> _Problem to solve_
Look through the records, and whenever a line includes the word "Proxy", copy it.

> _Information supplied_
========
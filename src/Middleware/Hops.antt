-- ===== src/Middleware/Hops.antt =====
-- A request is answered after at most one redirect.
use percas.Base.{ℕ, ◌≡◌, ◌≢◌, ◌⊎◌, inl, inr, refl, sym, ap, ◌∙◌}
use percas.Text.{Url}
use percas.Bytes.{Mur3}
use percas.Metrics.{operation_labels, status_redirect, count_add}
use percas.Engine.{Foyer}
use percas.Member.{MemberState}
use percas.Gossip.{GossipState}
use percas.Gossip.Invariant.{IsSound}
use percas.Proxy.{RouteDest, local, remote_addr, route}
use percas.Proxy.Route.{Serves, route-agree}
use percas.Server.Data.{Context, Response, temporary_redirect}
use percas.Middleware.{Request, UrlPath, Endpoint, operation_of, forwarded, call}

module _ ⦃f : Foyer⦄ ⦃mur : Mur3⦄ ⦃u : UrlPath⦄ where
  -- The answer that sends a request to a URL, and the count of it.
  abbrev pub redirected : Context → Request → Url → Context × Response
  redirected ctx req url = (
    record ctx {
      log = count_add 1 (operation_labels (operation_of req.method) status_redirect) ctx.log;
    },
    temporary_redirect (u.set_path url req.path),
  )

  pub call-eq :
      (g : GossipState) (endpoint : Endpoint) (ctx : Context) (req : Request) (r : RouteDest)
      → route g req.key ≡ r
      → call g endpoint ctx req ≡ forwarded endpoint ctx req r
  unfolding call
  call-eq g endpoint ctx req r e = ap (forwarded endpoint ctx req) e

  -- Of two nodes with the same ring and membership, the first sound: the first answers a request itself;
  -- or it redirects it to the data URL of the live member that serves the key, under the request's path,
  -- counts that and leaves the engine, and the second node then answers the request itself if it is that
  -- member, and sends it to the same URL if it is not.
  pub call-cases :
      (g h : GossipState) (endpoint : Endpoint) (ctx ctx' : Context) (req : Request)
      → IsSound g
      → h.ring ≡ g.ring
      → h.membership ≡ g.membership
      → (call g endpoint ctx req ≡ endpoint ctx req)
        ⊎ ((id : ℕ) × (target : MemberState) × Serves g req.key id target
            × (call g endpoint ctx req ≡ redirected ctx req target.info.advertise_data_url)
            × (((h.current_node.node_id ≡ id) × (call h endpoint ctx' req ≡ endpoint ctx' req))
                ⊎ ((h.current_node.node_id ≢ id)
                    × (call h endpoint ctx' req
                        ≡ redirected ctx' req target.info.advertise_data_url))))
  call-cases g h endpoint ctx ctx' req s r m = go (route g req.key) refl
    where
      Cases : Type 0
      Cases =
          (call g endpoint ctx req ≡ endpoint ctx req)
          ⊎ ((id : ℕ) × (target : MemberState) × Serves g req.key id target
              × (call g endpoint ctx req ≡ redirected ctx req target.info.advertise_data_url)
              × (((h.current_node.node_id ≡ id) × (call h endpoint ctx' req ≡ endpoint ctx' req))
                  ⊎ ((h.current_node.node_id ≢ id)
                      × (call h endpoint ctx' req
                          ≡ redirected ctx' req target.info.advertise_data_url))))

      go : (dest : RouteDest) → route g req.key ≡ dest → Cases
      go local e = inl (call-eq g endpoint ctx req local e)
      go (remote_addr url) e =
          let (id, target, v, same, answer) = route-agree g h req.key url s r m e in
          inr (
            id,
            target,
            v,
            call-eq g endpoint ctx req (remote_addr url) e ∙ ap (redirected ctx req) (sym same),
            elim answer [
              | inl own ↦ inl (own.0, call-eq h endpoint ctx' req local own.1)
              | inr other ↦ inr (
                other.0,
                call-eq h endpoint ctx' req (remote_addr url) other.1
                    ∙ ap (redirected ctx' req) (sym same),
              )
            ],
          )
========
> _Exercise output_
use percas.Proxy.{RouteDest, local, remote_addr, route}
use percas.Proxy.Route.{Serves, route-agree}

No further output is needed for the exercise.